Добавить в цитаты Настройки чтения

Страница 2 из 3



– А Бекмурзин так свою половину вообще нежно называет – «Эфочка»!

– Да, красиво-то как! – ерничал начальник штаба Филиппов.

– Самая ядовитая гадюка в мире! Только пока маленькая – провел краткий ликбез по рептилологии сам Бекмурзин, пояснив красивое имечко своим малосведущим приятелям.

– А она знает, жена-то твоя, про эфу? – заинтересовано спросил Милкин.

– Конечно, она отличницей всегда была, опять же – врач, как-никак, но думает, что я – шучу!

– А ты – нет!? Всерьез!? И еще – жив? – ужаснулся Милкин, – Значит – не самая! – уверенно заключил он.

Комдив отключил телефон, пробурчал что-то под нос и потащил с вешалки шинель.

– И еще – личная просьба – не к подчиненным, а к друзьям и коллегам: На портьте хоть вы мне сегодня праздничное настроение! Не беспокойтесь, найдется кому и без вас! (вот за такие предварительные изречения одноклассники его в училище звали скромно – Пророк)

– Ну уж как будто! – деланно, хором, обиделись «флотоводцы» на своего начальника и флагмана.

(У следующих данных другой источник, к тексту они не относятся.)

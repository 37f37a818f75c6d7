-- ===== src/Vm/Arm/Effect.antt =====
-- What an arm does to the registers and the program counter, whatever it returns.
use vanadium.Prelude.{
  ℕ, some, ◌≡◌, ◌%◌, refl, Outcome, ok, err, panic, arith, length, length-set, String, Bool,
  Bool-cases, inl, inr, ap, ◌∙◌,
}
use vanadium.Word.{wrapping_add, IsU32}
use vanadium.Word.Masks.{mask_field}
use vanadium.Vm.Error.{CpuError}
use vanadium.Vm.Memory.{PagedMemory}
use vanadium.Vm.Cpu.{
  Cpu, Exec, reg, set_reg, read_u8, read_u16, read_u32, write_u8, write_u16, write_u32,
}
use vanadium.Vm.Cpu.Quiet.{HasRegisters, IsUntouched, IsStore, read-IsUntouched, write-IsStore}
use vanadium.Vm.Arm.{
  State, continue_with, check_aligned, binary, immediate, branch, auipc, lui, fence, jal, jalr,
  load_u8, load_u16, load_u32, store_u8, store_u16, store_u32, reserve, clear_reservation,
  load_reserved, store_if_reserved, is_reserved, store_conditional, amo,
}

-- On success as many registers as before, and an even program counter with an even increment; on
-- an error the CPU as it was, but for its memory.
abbrev pub IsDone : {M F : Type 0} → Cpu M → Outcome F ℕ × Cpu M → Type 0
IsDone c0 (ok inc, c) =
    (length c.regs ≡ length c0.regs) × (c.pc % 2 ≡ 0) × IsU32 c.pc × (inc % 2 ≡ 0)
IsDone c0 (err e, c) = IsUntouched c0 c
IsDone c0 (panic, c) = IsUntouched c0 c

pub record Ends {M F : Type 0} (c0 : Cpu M) (r : Outcome F ℕ × Cpu M) : Type 0 where
  pub at : IsDone c0 r

module _ (P : PagedMemory) (E : Type 0) (c0 : State P E) where
  Ends-value :
      {A : Type 0} (f : A → Exec P E ℕ) (a : A) (c : State P E)
      → Ends c0 (f a c)
      → Ends c0 (continue_with P E f (ok a, c))
  unfolding continue_with
  Ends-value f a c k = k

  Ends-quiet :
      {A : Type 0} (f : A → Exec P E ℕ) (r : Outcome (CpuError E) A × State P E)
      → IsUntouched c0 r.1
      → ((a : A) (c : State P E) → IsUntouched c0 c → Ends c0 (f a c))
      → Ends c0 (continue_with P E f r)
  unfolding continue_with
  Ends-quiet f (ok a, c) u k = k a c u
  Ends-quiet f (err e, c) u k = record { at = u }
  Ends-quiet f (panic, c) u k = record { at = u }

  Ends-store :
      {A : Type 0} (f : A → Exec P E ℕ) (r : Outcome (CpuError E) A × State P E)
      → IsStore c0 r
      → ((a : A) (c : State P E) → HasRegisters c0 c → Ends c0 (f a c))
      → Ends c0 (continue_with P E f r)
  unfolding continue_with
  Ends-store f (ok a, c) u k = k a c u
  Ends-store f (err e, c) u k = record { at = u }
  Ends-store f (panic, c) u k = record { at = u }

  pub untouched : IsUntouched c0 c0
  untouched = record {
    registers = record { same_regs = refl; same_pc = refl };
    same_reservation = refl;
  }

  untouched_registers : (c : State P E) → IsUntouched c0 c → HasRegisters c0 c
  untouched_registers c u = u.registers

  check-IsUntouched :
      (mask addr : ℕ) (message : String) (c : State P E)
      → IsUntouched c0 c
      → IsUntouched c0 (check_aligned P E mask addr message c).1
  unfolding check_aligned
  check-IsUntouched mask addr message c u = ground arith

  module _ (size : ℕ) (even : c0.pc % 2 ≡ 0) (fits : IsU32 c0.pc) (even_size : size % 2 ≡ 0) where
    Ends-put :
        (c : State P E) (rd v : ℕ)
        → HasRegisters c0 c
        → Ends {F = CpuError E} c0 (ok size, set_reg rd v c)
    Ends-put c rd v h = record {
      at = ground (arith, length-set c.regs rd v, length-set c0.regs rd v);
    }

    Ends-stored : (c : State P E) → HasRegisters c0 c → Ends {F = CpuError E} c0 (ok size, c)
    Ends-stored c h = record { at = ground arith }

    Ends-reserved :
        (c : State P E) (rd v addr : ℕ)
        → HasRegisters c0 c
        → Ends {F = CpuError E} c0
            (ok size, record (set_reg rd v c) { reservation_addr = some addr })
    Ends-reserved c rd v addr h = record { at = (Ends-put c rd v h).at }

    ruleset effects = (
      Ends-value, Ends-quiet, Ends-store, Ends-put, Ends-stored, Ends-reserved, untouched,
      untouched_registers, check-IsUntouched, read-IsUntouched, write-IsStore,
    )

    pub load_u8-Ends :
        (extend : ℕ → ℕ) (rd rs1 imm : ℕ) → Ends c0 (load_u8 P E size extend rd rs1 imm c0)
    unfolding load_u8 read_u8
    load_u8-Ends extend rd rs1 imm = search effects depth 12

    pub load_u16-Ends :
        (extend : ℕ → ℕ) (rd rs1 imm : ℕ) → Ends c0 (load_u16 P E size extend rd rs1 imm c0)
    unfolding load_u16 read_u16
    load_u16-Ends extend rd rs1 imm = search effects depth 12

    pub load_u32-Ends : (rd rs1 imm : ℕ) → Ends c0 (load_u32 P E size rd rs1 imm c0)
    unfolding load_u32 read_u32
    load_u32-Ends rd rs1 imm = search effects depth 12

    pub store_u8-Ends : (rs1 rs2 imm : ℕ) → Ends c0 (store_u8 P E size rs1 rs2 imm c0)
    unfolding store_u8 write_u8
    store_u8-Ends rs1 rs2 imm = search effects depth 12

    pub store_u16-Ends : (rs1 rs2 imm : ℕ) → Ends c0 (store_u16 P E size rs1 rs2 imm c0)
    unfolding store_u16 write_u16
    store_u16-Ends rs1 rs2 imm = search effects depth 12

    pub store_u32-Ends : (rs1 rs2 imm : ℕ) → Ends c0 (store_u32 P E size rs1 rs2 imm c0)
    unfolding store_u32 write_u32
    store_u32-Ends rs1 rs2 imm = search effects depth 12

    pub amo-Ends :
        (message : String) (f : ℕ → ℕ → ℕ) (rd rs1 rs2 : ℕ)
        → Ends c0 (amo P E size message f rd rs1 rs2 c0)
    unfolding amo read_u32 write_u32
    amo-Ends message f rd rs1 rs2 = search effects depth 12

    pub load_reserved-Ends : (rd rs1 : ℕ) → Ends c0 (load_reserved P E size rd rs1 c0)
    unfolding load_reserved read_u32 reserve
    load_reserved-Ends rd rs1 = search effects depth 12

    pub binary-Ends : (f : ℕ → ℕ → ℕ) (rd rs1 rs2 : ℕ) → Ends c0 (binary P E size f rd rs1 rs2 c0)
    unfolding binary
    binary-Ends f rd rs1 rs2 = search effects depth 12

    pub immediate-Ends :
        (f : ℕ → ℕ → ℕ) (rd rs1 imm : ℕ) → Ends c0 (immediate P E size f rd rs1 imm c0)
    unfolding immediate
    immediate-Ends f rd rs1 imm = search effects depth 12

    pub auipc-Ends : (rd imm : ℕ) → Ends c0 (auipc P E size rd imm c0)
    unfolding auipc
    auipc-Ends rd imm = search effects depth 12

    pub lui-Ends : (rd imm : ℕ) → Ends c0 (lui P E size rd imm c0)
    unfolding lui
    lui-Ends rd imm = search effects depth 12

    pub fence-Ends : Ends c0 (fence P E size c0)
    unfolding fence
    fence-Ends = search effects

    pub branch-Ends :
        (test : ℕ → ℕ → Bool) (rs1 rs2 imm : ℕ)
        → imm % 2 ≡ 0
        → Ends c0 (branch P E size test rs1 rs2 imm c0)
    unfolding branch
    branch-Ends test rs1 rs2 imm h = record { at = ground arith }

    pub jal-Ends : (rd imm : ℕ) → imm % 2 ≡ 0 → Ends c0 (jal P E size rd imm c0)
    unfolding jal
    jal-Ends rd imm h = record { at = (length-set c0.regs rd _, even, fits, h) }

    pub jalr-Ends : (rd rs1 imm : ℕ) → Ends c0 (jalr P E size rd rs1 imm c0)
    unfolding jalr
    jalr-Ends rd rs1 imm =
        let target = wrapping_add (reg c0 rs1) imm in
        record {
          at = (
            length-set c0.regs rd _,
            omega (arith, mask_field 31 1 target),
            omega (arith, mask_field 31 1 target),
            omega arith,
          );
        }

    -- SC.W puts its answer into a register before it gives the reservation up.
    abbrev IsAnswer : Outcome (CpuError E) (Unit {0}) × State P E → Type 0
    IsAnswer (ok u, c) = (length c.regs ≡ length c0.regs) × (c.pc ≡ c0.pc)
    IsAnswer (err e, c) = IsUntouched c0 c
    IsAnswer (panic, c) = IsUntouched c0 c

    answered :
        (rd v : ℕ) (r : Outcome (CpuError E) (Unit {0}) × State P E)
        → IsStore c0 r
        → IsAnswer (continue_with P E (λ u c. (ok tt, set_reg rd v c)) r)
    unfolding continue_with
    answered rd v (ok u, c) h = (length-set c.regs rd v ∙ ap length h.same_regs, h.same_pc)
    answered rd v (err e, c) h = h
    answered rd v (panic, c) h = h

    store_if_reserved-IsAnswer :
        (rd addr value : ℕ) (c : State P E)
        → IsUntouched c0 c
        → IsAnswer (store_if_reserved P E size rd addr value c)
    unfolding store_if_reserved write_u32 continue_with
    store_if_reserved-IsAnswer rd addr value c u =
        elim (Bool-cases (is_reserved P E size addr c.reservation_addr)) [
          | inl b ↦ rw b (answered rd 0 _ (write-IsStore P E c0 c u 4 _ addr value))
          | inr b ↦ rw b (answered rd 1 (ok tt, c) u.registers)
        ]

    Ends-answer :
        (f : Unit {0} → Exec P E ℕ) (r : Outcome (CpuError E) (Unit {0}) × State P E)
        → IsAnswer r
        → ((a : Unit {0}) (c : State P E)
            → length c.regs ≡ length c0.regs
            → c.pc ≡ c0.pc
            → Ends c0 (f a c))
        → Ends c0 (continue_with P E f r)
    unfolding continue_with
    Ends-answer f (ok a, c) u k = k a c u.0 u.1
    Ends-answer f (err e, c) u k = record { at = u }
    Ends-answer f (panic, c) u k = record { at = u }

    Ends-cleared :
        (c : State P E)
        → length c.regs ≡ length c0.regs
        → c.pc ≡ c0.pc
        → Ends {F = CpuError E} c0 (ok size, c)
    Ends-cleared c e q = record { at = ground arith }

    pub store_conditional-Ends :
        (rd rs1 rs2 : ℕ) → Ends c0 (store_conditional P E size rd rs1 rs2 c0)
    unfolding store_conditional clear_reservation
    store_conditional-Ends rd rs1 rs2 =
        search (effects, Ends-answer, store_if_reserved-IsAnswer, Ends-cleared) depth 12
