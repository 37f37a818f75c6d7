-- ===== src/Vm/Cpu/Invalidate.antt =====
-- What a store does to the reservation.
use vanadium.Prelude.{ℕ, ◌+◌, ◌-◌, ◌<◌, ◌≤◌, ◌≡◌, refl, ◌≢◌, ◌⊎◌, inl, inr, ap, ◌∙◌, arith}
use native.Mathlib.Decide.{dec_le}
use vanadium.Prelude.{none, some, ok, err, panic, Outcome}
use vanadium.Vm.Error.{CpuError}
use vanadium.Vm.Memory.{PagedMemory}
use vanadium.Vm.Cpu.{
  Cpu, Access, Exec, invalidate, write, write_u8, write_u16, write_u32, after_store, on_stack,
  on_data,
}

pub invalidate-touching :
    (width address res : ℕ)
    → address < res + 4
    → res < address + width
    → 0 < width
    → invalidate width address (some res) ≡ none
unfolding invalidate
invalidate-touching width address res a b positive = ground arith

invalidate-apart :
    (width address res : ℕ)
    → (res + 4 ≤ address) ⊎ (address + width ≤ res)
    → 0 < width
    → invalidate width address (some res) ≡ some res
unfolding invalidate
invalidate-apart width address res d positive = ground arith

-- A byte of the store is a byte of the reserved word.
pub record Touches (width address res : ℕ) : Type 0 where
  pub byte : ℕ
  pub word_byte : ℕ
  pub in_store : byte < width
  pub in_word : word_byte < 4
  pub same : address + byte ≡ res + word_byte

invalidate-Touches :
    (width address res : ℕ) → Touches width address res → invalidate width address (some res) ≡ none
invalidate-Touches width address res t =
    invalidate-touching width address res (omega (arith, t.in_store, t.in_word, t.same))
      (omega (arith, t.in_store, t.in_word, t.same)) (omega (arith, t.in_store))

not_Touches :
    (width address res : ℕ)
    → (res + 4 ≤ address) ⊎ (address + width ≤ res)
    → ¬ Touches width address res
not_Touches width address res (inl above) t = omega (arith, t.in_store, t.in_word, t.same)
not_Touches width address res (inr below) t = omega (arith, t.in_store, t.in_word, t.same)

-- Where no byte is shared, the store ends before the word or begins after it.
overlap_cases :
    (width address res : ℕ)
    → 0 < width
    → Touches width address res ⊎ ((res + 4 ≤ address) ⊎ (address + width ≤ res))
overlap_cases width address res positive = elim (dec_le (res + 4) address) [
  | yes above ↦ inr (inl above)
  | no near ↦ elim (dec_le (address + width) res) [
    | yes below ↦ inr (inr below)
    | no far ↦ inl (record {
      byte = res - address;
      word_byte = address - res;
      in_store = omega arith;
      in_word = omega arith;
      same = omega arith;
    })
  ]
]

-- The three stores of the CPU, and the bytes that each one writes.
pub data Store : Type 0 where
  byte half word : Store

pub width_of : Store → ℕ
width_of byte = 1
width_of half = 2
width_of word = 4

module _ (P : PagedMemory) (E : Type 0) where
  pub store_of : Store → ℕ → ℕ → Exec P E (Unit {0})
  store_of byte = write_u8 P E
  store_of half = write_u16 P E
  store_of word = write_u32 P E

  pub write-reservation :
      (width : ℕ) (access : ℕ → ℕ → Access P E (Unit {0})) (address value : ℕ) (cpu : Cpu P.Memory)
      → (write P E width access address value cpu).0 ≡ ok tt
      → (write P E width access address value cpu).1.reservation_addr
        ≡ invalidate width address cpu.reservation_addr
  unfolding write after_store on_stack on_data
  write-reservation width access address value cpu e = ground arith

  write-fails :
      (width : ℕ) (access : ℕ → ℕ → Access P E (Unit {0})) (address value : ℕ) (cpu : Cpu P.Memory)
      → (write P E width access address value cpu).0 ≢ ok tt
      → (write P E width access address value cpu).1.reservation_addr ≡ cpu.reservation_addr
  unfolding write after_store on_stack on_data
  write-fails width access address value cpu e = ground arith

  -- What becomes of a reservation, over the bytes that a store writes.
  pub data Fate (width address res : ℕ) (r : Outcome (CpuError E) (Unit {0}) × Cpu P.Memory)
      : Type 0 where
    taken :
        r.0 ≡ ok tt
        → Touches width address res
        → r.1.reservation_addr ≡ none
        → Fate width address res r
    left :
        r.0 ≡ ok tt
        → ¬ Touches width address res
        → r.1.reservation_addr ≡ some res
        → Fate width address res r
    failed : r.0 ≢ ok tt → r.1.reservation_addr ≡ some res → Fate width address res r

  succeeded : (r : Outcome (CpuError E) (Unit {0})) → (r ≡ ok tt) ⊎ (r ≢ ok tt)
  succeeded (ok u) = inl refl
  succeeded (err e) = inr (λ h. cc)
  succeeded panic = inr (λ h. cc)

  write-Fate :
      (width : ℕ) (access : ℕ → ℕ → Access P E (Unit {0})) (address value res : ℕ)
      (cpu : Cpu P.Memory)
      → 0 < width
      → cpu.reservation_addr ≡ some res
      → Fate width address res (write P E width access address value cpu)
  write-Fate width access address value res cpu positive reserved =
      elim (succeeded (write P E width access address value cpu).0) [
        | inr e ↦ failed e (write-fails width access address value cpu e ∙ reserved)
        | inl e ↦
            let after =
              write-reservation width access address value cpu e
              ∙ ap (invalidate width address) reserved in
            elim (overlap_cases width address res positive) [
              | inl t ↦ taken e t (after ∙ invalidate-Touches width address res t)
              | inr d ↦
                  left e (not_Touches width address res d)
                    (after ∙ invalidate-apart width address res d positive)
            ]
      ]

  -- Of a CPU with a reservation, a store of a byte, a halfword or a word that succeeds takes the
  -- reservation away if one of the bytes that it writes, which are one, two or four, is a byte of
  -- the reserved word, and leaves it as it is if none of them is; a store that does not succeed
  -- leaves it as it is.
  pub store_of-Fate :
      (store : Store) (address value res : ℕ) (cpu : Cpu P.Memory)
      → cpu.reservation_addr ≡ some res
      → Fate (width_of store) address res (store_of store address value cpu)
  unfolding store_of write_u8 write_u16 write_u32 width_of
  store_of-Fate byte address value res cpu reserved =
      write-Fate 1 _ address value res cpu (omega arith) reserved
  store_of-Fate half address value res cpu reserved =
      write-Fate 2 _ address value res cpu (omega arith) reserved
  store_of-Fate word address value res cpu reserved =
      write-Fate 4 _ address value res cpu (omega arith) reserved
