-- ===== src/Vm/Arm/Reservation.antt =====
-- The reservation that LR.W takes and SC.W needs.
use vanadium.Prelude.{ℕ, ◌+◌, ◌<◌, ◌≡◌, refl, ap, ◌∙◌, bit_and}
use vanadium.Prelude.{none, some, ok}
use vanadium.Vm.Memory.{PagedMemory}
use vanadium.Vm.Cpu.{Access, reg, set_reg, invalidate, write}
use vanadium.Vm.Cpu.Invalidate.{invalidate-touching, write-reservation}
use vanadium.Vm.Arm.{
  State, continue_with, check_aligned, is_reserved, store_if_reserved, store_conditional,
  clear_reservation,
}

module _ (P : PagedMemory) (E : Type 0) where
  store_conditional_without :
      (size rd rs1 rs2 : ℕ) (cpu : State P E)
      → bit_and (reg cpu rs1) 3 ≡ 0
      → cpu.reservation_addr ≡ none
      → store_conditional P E size rd rs1 rs2 cpu
        ≡ (ok size, record (set_reg rd 1 cpu) { reservation_addr = none })
  unfolding store_conditional check_aligned store_if_reserved continue_with is_reserved
      clear_reservation
  store_conditional_without size rd rs1 rs2 cpu aligned gone = rw (aligned, gone) refl

  -- After a successful store that touches a byte of the reserved word, SC.W at an aligned address
  -- fails: it returns the length of the instruction, puts 1 into its destination, changes nothing
  -- else of the CPU and leaves no reservation.
  pub store_conditional-write :
      (width : ℕ) (access : ℕ → ℕ → Access P E (Unit {0})) (address value res size rd rs1 rs2 : ℕ)
      (cpu : State P E)
      → cpu.reservation_addr ≡ some res
      → address < res + 4
      → res < address + width
      → 0 < width
      → (write P E width access address value cpu).0 ≡ ok tt
      → let after = (write P E width access address value cpu).1 in
        bit_and (reg after rs1) 3 ≡ 0
        → store_conditional P E size rd rs1 rs2 after
          ≡ (ok size, record (set_reg rd 1 after) { reservation_addr = none })
  store_conditional-write width access address value res size rd rs1 rs2 cpu reserved below above
        positive e aligned =
      let after = (write P E width access address value cpu).1 in
      let gone : after.reservation_addr ≡ none =
        write-reservation P E width access address value cpu e
        ∙ ap (invalidate width address) reserved
        ∙ invalidate-touching width address res below above positive in
      store_conditional_without size rd rs1 rs2 after aligned gone
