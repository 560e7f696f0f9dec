-- ===== src/Chunking.antt =====
-- Content-defined chunking: cdc.go of cmd/orlop-server. BLAKE3, a third-party package, is an argument.
pub mod Table
pub mod Bounds
pub mod Cover
use orlop.Prelude.{
  ℕ, zero, suc, ◌+◌, ◌-◌, ◌*◌, ◌/◌, ◌%◌, ◌^◌, Text, Bool, true, false, Option, none, some, List, [],
  ◌∷◌, length, take, drop, ltb, leb, ◌==◌, if◌then◌else◌,
}
use orlop.Prelude.Map.{is_empty}
use Prim.Native.Nat.{bit_and}
use orlop.Chunking.Table.{gear, get_elem?}

-- The sizes and the masks of `v2020Cut`.
pub record CutParams : Type 0 where
  pub min_size : ℕ
  pub avg_size : ℕ
  pub max_size : ℕ
  pub mask_s : ℕ
  pub mask_l : ℕ
  pub mask_s_ls : ℕ
  pub mask_l_ls : ℕ

-- The constants of the file.
abbrev pub chunk_params : CutParams
chunk_params = record {
  min_size = 1048576;
  avg_size = 4194304;
  max_size = 16777216;
  mask_s = 0x0000d93777537000;
  mask_l = 0x0000d91767537000;
  mask_s_ls = 0x0000d93777537000 * 2;
  mask_l_ls = 0x0000d91767537000 * 2;
}

unfoldable pub gear_ls : ℕ → ℕ
gear_ls b = gear b * 2 % 2 ^ 64

-- How a phase ends: with a cut, with all its bytes hashed, or with an index out of range.
pub data Scan : Type 0 where
  cut_at : ℕ → Scan
  through : ℕ → Scan
  out_of_range : Scan

-- A byte that is read.
abbrev pub read_byte : Option ℕ → (ℕ → Scan) → Scan
read_byte none next = out_of_range
read_byte (some x) next = next x

-- A phase: `for index < limit`, by the rounds that are left. A round reads two bytes.
unfoldable pub scan : Text → ℕ → ℕ → ℕ → ℕ → ℕ → Scan
scan src mask_ls mask zero index hash = through hash
scan src mask_ls mask (suc rounds) index hash = read_byte (get_elem? src (index * 2)) λ x.
    let even = (hash * 4 + gear_ls x) % 2 ^ 64 in
    let second = read_byte (get_elem? src (index * 2 + 1)) λ y.
      let odd = (even + gear y) % 2 ^ 64 in
      let rest = scan src mask_ls mask rounds (suc index) odd in
      if bit_and odd mask == 0 then cut_at (index * 2 + 1) else rest in
    if bit_and even mask_ls == 0 then cut_at (index * 2) else second

-- The index behind the small-mask phase.
abbrev pub second_start : ℕ → ℕ → ℕ
second_start first center = if ltb first (center / 2) then center / 2 else first

abbrev pub after_large : ℕ → Scan → Option ℕ
after_large n (cut_at a) = some a
after_large n (through _) = some n
after_large n out_of_range = none

-- `none` is a panic.
abbrev pub after_small : CutParams → Text → ℕ → ℕ → Scan → Option ℕ
after_small c src n index (cut_at a) = some a
after_small c src n index (through hash) =
    after_large n (scan src c.mask_l_ls c.mask_l (n / 2 - index) index hash)
after_small c src n index out_of_range = none

-- The two phases over the first n bytes.
unfoldable pub cut_within : CutParams → Text → ℕ → ℕ → Option ℕ
cut_within c src n center =
    after_small c src n (second_start (c.min_size / 2) center)
      (scan src c.mask_s_ls c.mask_s (center / 2 - c.min_size / 2) (c.min_size / 2) 0)

unfoldable pub v2020_cut : CutParams → Text → Option ℕ
v2020_cut c src =
    let n = length src in
    if leb n c.min_size
    then some n
    else if ltb c.max_size n
    then cut_within c src c.max_size c.avg_size
    else cut_within c src n (if ltb n c.avg_size then n else c.avg_size)

pub record Chunk : Type 0 where
  pub hash : Text
  pub offset : ℕ
  pub len : ℕ
  pub bytes : Text

module _ (blake3 : Text → Text) where
  abbrev pub chunk_of : ℕ → Text → Chunk
  chunk_of offset buf = record {
    hash = blake3 buf;
    offset = offset;
    len = length buf % 2 ^ 32;
    bytes = buf;
  }

  abbrev pub with_chunk : Chunk → Option (List Chunk) → Option (List Chunk)
  with_chunk c none = none
  with_chunk c (some cs) = some (c ∷ cs)

  abbrev pub cut_off : (ℕ → Option (List Chunk)) → Option ℕ → Option (List Chunk)
  cut_off next none = none
  cut_off next (some n) = next n

  -- `for len(remaining) > 0` on fuel; `none` is a panic or an end of the fuel.
  unfoldable pub chunk_loop : CutParams → ℕ → ℕ → Text → Option (List Chunk)
  chunk_loop c zero offset remaining = if is_empty remaining then some [] else none
  chunk_loop c (suc fuel) offset remaining =
      let all =
        cut_off
          (λ n.
            with_chunk (chunk_of offset (take n remaining))
              (chunk_loop c fuel ((offset + n) % 2 ^ 64) (drop n remaining)))
          (v2020_cut c remaining) in
      if is_empty remaining then some [] else all

  unfoldable pub chunk_bytes : Text → Option (List Chunk)
  chunk_bytes bytes =
      if is_empty bytes
      then some (chunk_of 0 [] ∷ [])
      else chunk_loop chunk_params (length bytes) 0 bytes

На удивление, никаких подвигов и «чепух», в смысле – всяких чрезвычайных и экстраординарных событий по личному составу к утру не обнаружилось. Подвигов и приключений орлы не сотворили, даже славная милиция сегодня не взяла в плен ни одного из развеселых контрактников за большие и малые подвиги! И то ладно!

«Не к добру!» – решил Князин и напрягся, как мог. Его всегда беспокоила тишина. Если все идет тихо и спокойно – часто это внешнее прикрытие, значит, чего-то все же не знаешь! А вот знать обязан – лучше еще до того, как этот покой лопнет грязным болотным пузырем!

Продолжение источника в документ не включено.